PROBLEM DETAILS: Please give the count of lines below that include "computes" and leave out everything else.

AVAILABLE RECORDS:
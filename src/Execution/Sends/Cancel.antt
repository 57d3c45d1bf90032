-- ===== src/Execution/Sends/Cancel.antt =====
-- src/execution/coordinator.ts: a cancel is sent on the write that holds it as pending, for the order that
-- the record is linked to.
use multi_venue_grid_engine.Base.{
  ◌≡◌, refl, sym, ap, ◌∙◌, subst, Bool, true, false, Option, some, none, List, [], Text, text_eq,
  ok, is_lt, guard, get_entry, get-set_same, >>=-eq-ok, ok_injective,
}
use multi_venue_grid_engine.Math.Decimal.{decimal_cmp}
use multi_venue_grid_engine.Execution.IntentStatus.{cancel_prepared, cancel_unverified}
use multi_venue_grid_engine.Execution.Intents
use multi_venue_grid_engine.Execution.Intents.{lift, IntentRecord}
use multi_venue_grid_engine.Execution.RegistryState.{RegistryState, require_record, assert_allowed}
use multi_venue_grid_engine.Execution.Registry.{
  perform, transition, mark_cancel_prepared, cancel_prepared_call, mark_cancel_unverified,
  resolve_call,
}
use multi_venue_grid_engine.Execution.Registry.Evolves.{require_record-ok}
use multi_venue_grid_engine.Execution.Ports.{
  CancelAck, VenueWriteResult, acknowledged, venue_rejected, venue_unknown, venue_not_sent,
  unrecognized, FenceResult, fence_not_sent, fence_sent, fence_unknown,
}
use multi_venue_grid_engine.Execution.Steps.{Effect, Machine, Deps, emit, return}
use multi_venue_grid_engine.Execution.Steps.Rules.{
  Triple, Keeps, chain, changes, reads, computes, returns, by_if,
}
use multi_venue_grid_engine.Execution.Submission.{mark, record_of}
use multi_venue_grid_engine.Execution.Cancellation.{
  cancel_request, revert_cancel, apply_cancel_result, apply_cancel_outcome, run_cancel,
  cancel_durable, cancel_if_durable, send_cancel, cancel_order, cancel_checked, cancel_found,
  cancel_exclusive,
}
use multi_venue_grid_engine.Execution.Sends.{HasCancelPrepared, AllSound, IsGood}
use multi_venue_grid_engine.Execution.Sends.Rules.{
  On, AfterWrite, awaits, modifies, calls, persists_holding, persists-Good, returns-On, reads-On,
  by_call,
}
use multi_venue_grid_engine.Execution.Sends.Place.{mark-On, leave_fence-On}

same_entry : {o : Option IntentRecord} {x y : IntentRecord} → o ≡ some x → o ≡ some y → x ≡ y
same_entry e f = cc

-- The intent and the order of a record that the registry holds under `id`.
abbrev Holds : Text → IntentRecord → RegistryState → Type 0
Holds id r s = get_entry s.records id ≡ some r

prepared-Holds :
    {W : Type 0} (D : Deps W) (s : RegistryState) (id : Text) (r : IntentRecord) (order_id : Text)
    (s' : RegistryState)
    → Holds id r s
    → r.exchange_order_id ≡ some order_id
    → mark_cancel_prepared D.decimal_js s id [] ≡ ok s'
    → HasCancelPrepared s' (cancel_request r order_id)
unfolding mark_cancel_prepared transition
prepared-Holds D s id r order_id s' held linked_to h =
    let (r0, there, h1) = >>=-eq-ok (require_record s id) _ h in
    let same = same_entry (require_record-ok s id there) held in
    let (c, _, h2) =
      >>=-eq-ok (lift (decimal_cmp D.decimal_js r0.executed_quantity r0.intent.quantity)) _ h1 in
    let (_, _, h3) = >>=-eq-ok (guard (is_lt c) Intents.order_fully_executed) _ h2 in
    let (r1, there', h4) = >>=-eq-ok (require_record s id) _ h3 in
    let same' = same_entry (require_record-ok s id there') held in
    let (_, _, e) = >>=-eq-ok (assert_allowed r1.status cancel_prepared) _ h4 in
    subst (λ s'. HasCancelPrepared s' (cancel_request r order_id)) (ok_injective e)
      (record {
        id = id;
        held = record r1 { status = cancel_prepared; reason_codes = [] };
        found = get-set_same s.records id _;
        is_prepared = refl;
        same_order = ap (λ r. r.exchange_order_id) same' ∙ linked_to;
        same_client = ap (λ r. r.intent.client_order_id) same';
      })

module _ {W : Type 0} (D : Deps W) (s0 : RegistryState) where
  unverified-On :
      {T : List Effect → Type 0} (id : Text) (codes : List Text)
      → Keeps (On D s0 T) (mark D id cancel_unverified codes)
  unfolding perform
  unverified-On id codes =
      mark-On D s0 id cancel_unverified codes (mark_cancel_unverified id codes) (λ s. refl)

  revert-On :
      {T : List Effect → Type 0} (r : IntentRecord) (codes : List Text)
      → Keeps (On D s0 T) (revert_cancel D r codes)
  unfolding revert_cancel perform
  revert-On r codes = chain (calls D s0 _ (by_call D s0 (resolve_call _ _))) λ _. returns-On D s0 _

  cancel_result-On :
      {T : List Effect → Type 0} (r : IntentRecord) (result : VenueWriteResult CancelAck)
      → Keeps (On D s0 T) (apply_cancel_result D r result)
  unfolding apply_cancel_result
  cancel_result-On r (acknowledged ack) = unverified-On _ _
  cancel_result-On r (venue_rejected code) = unverified-On _ _
  cancel_result-On r venue_unknown = unverified-On _ _
  cancel_result-On r venue_not_sent = revert-On _ _
  cancel_result-On r unrecognized = unverified-On _ _

  cancel_outcome-On :
      {T : List Effect → Type 0} (r : IntentRecord)
      (fenced : FenceResult (VenueWriteResult CancelAck))
      → Keeps (On D s0 T) (apply_cancel_outcome D r fenced)
  unfolding apply_cancel_outcome
  cancel_outcome-On r (fence_not_sent codes) = revert-On _ _
  cancel_outcome-On r (fence_unknown codes) = unverified-On _ _
  cancel_outcome-On r (fence_sent none) = unverified-On _ _
  cancel_outcome-On r (fence_sent (some result)) = cancel_result-On r result

  abbrev Pending : IntentRecord → Text → RegistryState → Type 0
  Pending r order_id s = HasCancelPrepared s (cancel_request r order_id)

  run_cancel-Sound :
      (r : IntentRecord) (order_id : Text) (entering : Option _)
      → Triple
          (On D s0 (AfterWrite (Pending r order_id) true))
          (run_cancel D (cancel_request r order_id) entering)
          (λ _. On D s0 AllSound)
          (On D s0 AllSound)
  unfolding run_cancel emit return
  run_cancel-Sound r order_id none =
      chain {Q = λ _. On D s0 AllSound}
        (record { run = λ m p. record { path = p.path; sends = p.sends } })
        λ _. chain (awaits D s0 _) λ answer. leave_fence-On D s0 answer
  run_cancel-Sound r order_id (some codes) = record {
    run = λ m p. record { path = p.path; sends = p.sends.1 };
  }

  if_durable-Sound :
      (id : Text) (r : IntentRecord) (order_id : Text) (durable : Bool)
      → Triple
          (On D s0 (AfterWrite (Pending r order_id) durable))
          (cancel_if_durable D id r order_id durable)
          (λ _. On D s0 AllSound)
          (On D s0 AllSound)
  unfolding cancel_if_durable cancel_durable
  if_durable-Sound id r order_id false =
      chain (revert-On r _) λ codes. chain (reads-On D s0 _) λ after. returns-On D s0 _
  if_durable-Sound id r order_id true = chain (modifies D s0 _ (λ c. refl)) λ _.
      chain (awaits D s0 _) λ entering. chain (run_cancel-Sound r order_id entering) λ fenced.
        chain (cancel_outcome-On r fenced) λ codes.
          chain (persists-Good D s0) λ durable. chain (reads-On D s0 _) λ after. returns-On D s0 _

  -- Good, with the record still held.
  abbrev GoodWith : Text → IntentRecord → Machine W → Type 0
  GoodWith id r m = On D s0 AllSound m × Holds id r m.coordinator.registry

  send_cancel-Sound :
      (id : Text) (r : IntentRecord) (order_id : Text)
      → r.exchange_order_id ≡ some order_id
      → Triple (GoodWith id r) (send_cancel D id r order_id) (λ _. IsGood D s0) (IsGood D s0)
  unfolding send_cancel perform
  send_cancel-Sound id r order_id linked_to =
      chain {Q = λ _ m. On D s0 AllSound m × Pending r order_id m.coordinator.registry}
        (changes _
          (λ m p s e. (
            record {
              path = by_call D s0 (cancel_prepared_call id []) _ s e p.0.path;
              sends = p.0.sends;
            },
            prepared-Holds D m.coordinator.registry id r order_id s p.1 linked_to e,
          ))
          (λ m p. p.0))
        λ _. chain (persists_holding D s0 _) λ durable. if_durable-Sound id r order_id durable

  -- A refusal leaves everything as it is.
  abbrev refuses {ℓ} :
      {A : Type ℓ} (id : Text) (r : IntentRecord) (a : A)
      → Triple (GoodWith id r) (return {W = W} a) (λ _. IsGood D s0) (IsGood D s0)
  refuses id r a = returns a (λ m p. p.0)

  order_checked-Sound :
      (id : Text) (r : IntentRecord) (order : Option Text)
      → r.exchange_order_id ≡ order
      → Triple (GoodWith id r) (cancel_order D id r order) (λ _. IsGood D s0) (IsGood D s0)
  unfolding cancel_order
  order_checked-Sound id r none e = refuses id r _
  order_checked-Sound id r (some order_id) e =
      chain (reads _ (λ m p. p))
        λ allowed. by_if allowed (send_cancel-Sound id r order_id e) (refuses id r _)

  checked-Sound :
      (id : Text) (r : IntentRecord) (problem : Option Text)
      → Triple (GoodWith id r) (cancel_checked D id r problem) (λ _. IsGood D s0) (IsGood D s0)
  unfolding cancel_checked
  checked-Sound id r none = order_checked-Sound id r r.exchange_order_id refl
  checked-Sound id r (some problem) = refuses id r _

  found-Sound :
      (id : Text) (held : Option IntentRecord)
      → Triple
          (λ m. On D s0 AllSound m × (held ≡ record_of id m.coordinator))
          (cancel_found D id held)
          (λ _. IsGood D s0)
          (IsGood D s0)
  unfolding cancel_found
  found-Sound id none = returns _ (λ m p. p.0)
  found-Sound id (some r) =
      chain {Q = λ _. GoodWith id r} (computes _ (λ m p a e. (p.0, sym p.1)) (λ m p. p.0))
        λ problem. checked-Sound id r problem

  pub cancel-Good : (id : Text) → Keeps (IsGood D s0) (cancel_exclusive D id)
  unfolding cancel_exclusive
  cancel-Good id = chain (reads-On D s0 _) λ latched. by_if latched (returns-On D s0 _) (
      chain {Q = λ held m. On D s0 AllSound m × (held ≡ record_of id m.coordinator)}
        (reads _ (λ m p. (p, refl))) λ held. found-Sound id held)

COMPLETED TASK: 2